Нэнси отбежала так далеко, что ей потребовалось несколько минут, чтобы вернуться к Мэгги. (Она бросалась из стороны в сторону, как полоумная, «как собака, которая сорвалась с цепи и ошалела от воли,» – пришло Мэгги на ум сравнение.)

– Какая прелесть! – воскликнула Нэнси и бросилась к алому пятну. – Я совью тебе венок! Ты будешь еще красивее!

Как сумасшедшая, она стала срывать охапками алые цветы, а потом вить из них венок. Мэгги не остановила ее и подумала, какое счастье, что, даже не предусмотрев такого энтузиазма у Нэнси, надела с утра шляпку. Даже если ей водрузят этот венок на голову, он не коснется ее волос и ее кожи. «А Нэнси прикосновение к огневице, скарлетто, как раз то, что надо!»

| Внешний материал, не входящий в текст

-- ===== src/Http/Engine.antt =====
-- `HttpEngine` of src/http/http_engine.cpp: the transfers under their URLs. `g_tasks` is the list of
-- its entries, each URL once, in the order of iteration; a worker thread is joined in no time, as the
-- contexts that are dropped belong to threads that end.
pub mod Registry
pub mod Sweep
mod Tests
use Prim.Native.String.{String}
use download_wrapper.Base.{
  ℕ, zero, suc, Bool, true, false, ◌&&◌, ◌||◌, not, Option, none, some, List, [], ◌∷◌, ◌++◌, map,
  if◌then◌else◌,
}
use download_wrapper.Base.Int.{ℤ, pos, ◌-ℤ◌, ltb_ℤ, leb_ℤ, eqb_ℤ}
use download_wrapper.Api.{TaskStatus, Reason, is_error, is_completed}
use download_wrapper.Text.{Text, is_empty, text_eq, codes}
use download_wrapper.Http.Path.{parent_path, filename_of}
use download_wrapper.Http.Part.{Part}
use download_wrapper.Http.Task.{PartCtx, TaskCtx, task_create_new, new_part_ctx}
use download_wrapper.Http.Resume.{HttpResumeData}

abbrev pub Registry : Type 0
Registry = List (Text × TaskCtx)

-- `g_tasks.find(url)`
unfoldable pub lookup : Text → Registry → Option TaskCtx
lookup url [] = none
lookup url ((u, t) ∷ rest) = if text_eq u url then some t else lookup url rest

-- `g_tasks.erase(url)`
unfoldable pub erase : Text → Registry → Registry
erase url [] = []
erase url ((u, t) ∷ rest) =
    let kept = erase url rest in if text_eq u url then kept else (u, t) ∷ kept

-- A change of the context under a URL.
unfoldable pub alter : Text → (TaskCtx → TaskCtx) → Registry → Registry
alter url f [] = []
alter url f ((u, t) ∷ rest) =
    let others = alter url f rest in if text_eq u url then (u, f t) ∷ others else (u, t) ∷ others

-- The result of an operation: its code, and its message where the source gives one.
pub record Answer : Type 0 where
  pub code : Reason
  pub message : String

abbrev pub done : Answer
done = record { code = Reason.success; message = "" }

abbrev pub failure : Reason → String → Answer
failure code message = record { code = code; message = message }

-- `HttpEngine::pause_task`; `ready` is the answer of `ensure_running`.
unfoldable pub pause_task : Bool → Text → Registry → Answer × Registry
unfolding alter
pause_task ready id tasks =
    if is_empty id
    then (failure Reason.general "入参为空", tasks)
    else if not ready
    then (failure Reason.general "ensure_running failed", tasks)
    else (done, alter id (λ t. record t { pause_req = true }) tasks)

-- `HttpEngine::delete_task`
unfoldable pub delete_task : Bool → Text → Registry → Answer × Registry
unfolding alter
delete_task ready id tasks =
    if is_empty id
    then (failure Reason.general "入参为空", tasks)
    else if not ready
    then (failure Reason.general "ensure_running failed", tasks)
    else (done, alter id (λ t. record t { cancel_req = true; delete_req = true }) tasks)

-- Whether `sweep` reclaims a context.
unfoldable pub is_reclaimed : ℤ → TaskCtx → Bool
unfolding ◌-ℤ◌
is_reclaimed now t =
    t.thread_done
    && (t.delete_req
        || (if is_completed t.status || is_error t.status
            then leb_ℤ (pos 4000) (now -ℤ t.finished_at_ms)
            else t.pause_req))

-- The loop that collects `to_reclaim`.
unfoldable pub to_reclaim : ℤ → Registry → List Text
unfolding is_reclaimed
to_reclaim now [] = []
to_reclaim now ((u, t) ∷ rest) =
    let more = to_reclaim now rest in if is_reclaimed now t then u ∷ more else more

-- The loop that takes them out of the map.
unfoldable pub reclaim : List Text → Registry → Registry
unfolding erase
reclaim [] tasks = tasks
reclaim (u ∷ us) tasks = reclaim us (erase u tasks)

-- `HttpEngine::sweep`; `active` is `initialized_ && g_running`.
unfoldable pub sweep : Bool → ℤ → Registry → Registry
unfolding to_reclaim reclaim
sweep active now tasks = if active then reclaim (to_reclaim now tasks) tasks else tasks

-- What `start_download` asks of its surroundings: the manager's client, `ensure_running`, whether the task manager is
-- there, whether its record of the task is being deleted, the directory, the existing file, the
-- resume data as they are decoded, and whether the record is stored.
pub record Host : Type 0 where
  pub client_id : Text
  pub ensure_running : Bool
  pub manager : Bool
  pub deleting : Bool
  pub mkdir_recursive : Text → Bool
  pub can_open : Text → Bool
  pub decode : Text → HttpResumeData
  pub replace_task : Bool

abbrev with_index : ℕ → List Part → List PartCtx
with_index i [] = []
with_index i (p ∷ ps) = new_part_ctx i ∷ with_index (suc i) ps

-- The context that goes on with an existing file.
unfoldable pub refilled : TaskCtx → HttpResumeData → TaskCtx
unfolding parent_path filename_of
refilled t rd = record t {
  full_file_path = rd.full_file_path;
  output_path = parent_path rd.full_file_path;
  filename = filename_of rd.full_file_path;
  total_size = rd.total_size;
  support_range = not (eqb_ℤ rd.support_range (pos 0));
  etag = rd.etag;
  last_modified = rd.last_modified;
  parts = rd.parts;
  part_ctx = with_index 0 rd.parts;
  probing = false;
}

-- The resume data, if there are any and the file can be opened.
unfoldable pub resumed : Host → Text → TaskCtx → TaskCtx
unfolding refilled
resumed h [] t = t
resumed h (c ∷ s) t =
    let rd = h.decode (c ∷ s) in
    let t' : TaskCtx = record t { is_resume = true } in
    if rd.ok && not (is_empty rd.full_file_path) && h.can_open rd.full_file_path
    then refilled t' rd
    else t'

-- The new context is entered, and its record stored if `replace_record` asks for it.
unfoldable pub launched : Host → Bool → Text → TaskCtx → Registry → Answer × Registry
launched h replace_record url t tasks =
    if replace_record && not h.replace_task
    then (failure Reason.general "HTTP 任务持久化失败", tasks)
    else (done, (url, t) ∷ tasks)

-- What follows once a leftover context under the URL is gone.
unfoldable pub restarted : Host → Bool → Text → Text → Text → Registry → Answer × Registry
unfolding launched resumed task_create_new
restarted h replace_record url save_path resume_data tasks =
    if h.mkdir_recursive save_path
    then launched h replace_record url
        (resumed h resume_data (task_create_new url h.client_id save_path)) tasks
    else (failure Reason.general "目录创建失败", tasks)

-- The check for a transfer under the same URL: one that runs and is not being deleted goes on; any
-- other is dropped.
unfoldable pub deduplicated :
    Host → Bool → Text → Text → Text → Registry → Option TaskCtx → Answer × Registry
unfolding restarted erase
deduplicated h replace_record url save_path resume_data tasks none =
    restarted h replace_record url save_path resume_data tasks
deduplicated h replace_record url save_path resume_data tasks (some t) =
    if not t.thread_done && not t.delete_req
    then (done, tasks)
    else restarted h replace_record url save_path resume_data (erase url tasks)

-- `validate_add_input`, as its message where the input is refused
unfoldable pub validate_add_input : Text → Text → Option String
validate_add_input url output_path =
    if is_empty url
    then some "url is empty"
    else if is_empty output_path
    then some "output_path is empty"
    else none

-- The checks before the map is looked at, by the answer of `validate_add_input`.
unfoldable pub validated :
    Host → Bool → Text → Text → Text → Registry → Option String → Answer × Registry
unfolding deduplicated lookup
validated h replace_record url save_path resume_data tasks (some err) =
    (failure Reason.general err, tasks)
validated h replace_record url save_path resume_data tasks none =
    if not h.manager
    then (failure Reason.general "HTTP 引擎未启动", tasks)
    else if replace_record && h.deleting
    then (failure Reason.general "HTTP 任务正在删除", tasks)
    else deduplicated h replace_record url save_path resume_data tasks (lookup url tasks)

-- `HttpEngine::start_download`. `save_path` is that of the parameters, or else that of the
-- configuration.
unfoldable pub start_download : Host → Bool → Text → Text → Text → Registry → Answer × Registry
unfolding validated validate_add_input
start_download h replace_record url save_path resume_data tasks =
    if not h.ensure_running
    then (failure Reason.general "ensure_running failed", tasks)
    else validated h replace_record url save_path resume_data tasks
        (validate_add_input url save_path)

-- `HttpEngine::do_resume`: `record_path` is the save path of the manager's record of the task, empty
-- where there is none.
unfoldable pub do_resume : Host → Text → Text → Text → Text → Registry → Answer × Registry
unfolding start_download lookup
do_resume h client_id natural_key record_path resume_data tasks =
    if not h.manager || is_empty natural_key || is_empty client_id
    then (failure Reason.general "HTTP 恢复参数无效或引擎未启动", tasks)
    else if elim (lookup natural_key tasks) [
      | none ↦ false
      | some t ↦ t.pause_req && not t.thread_done
    ]
    then (failure Reason.retry "HTTP 任务正在暂停", tasks)
    else if is_empty record_path
    then (failure Reason.general "HTTP 任务或保存路径不存在", tasks)
    else start_download h false natural_key record_path resume_data tasks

День прошел как нельзя более удачно. Для Нэнси. Она получила райское наслаждение. И, конечно, для Мэгги; она была уверена, что отмщена. Она не брала в рот ничего из тех продуктов, которых касалась Нэнси, и, конечно, зря Нэнси подавала ей руку, когда они садились в коляску, Мэгги справилась сама! Мэгги предоставила решать судьбу Нэнси Богу, Богу, создавшему Grinkaldis ardens. А может, точнее сказать, своей богине – Гекате.


Назавтра они отправились обратно в Англию.


А после возвращения Нэнси неожиданно занемогла. И уже через неделю умерла. Списали на какое-то странное заражение или болезнь, подхваченную в Италии. Слава Богу, хоть Мэгги не заразилась! Да, ведь Мэгги предстояло сделать еще столько много!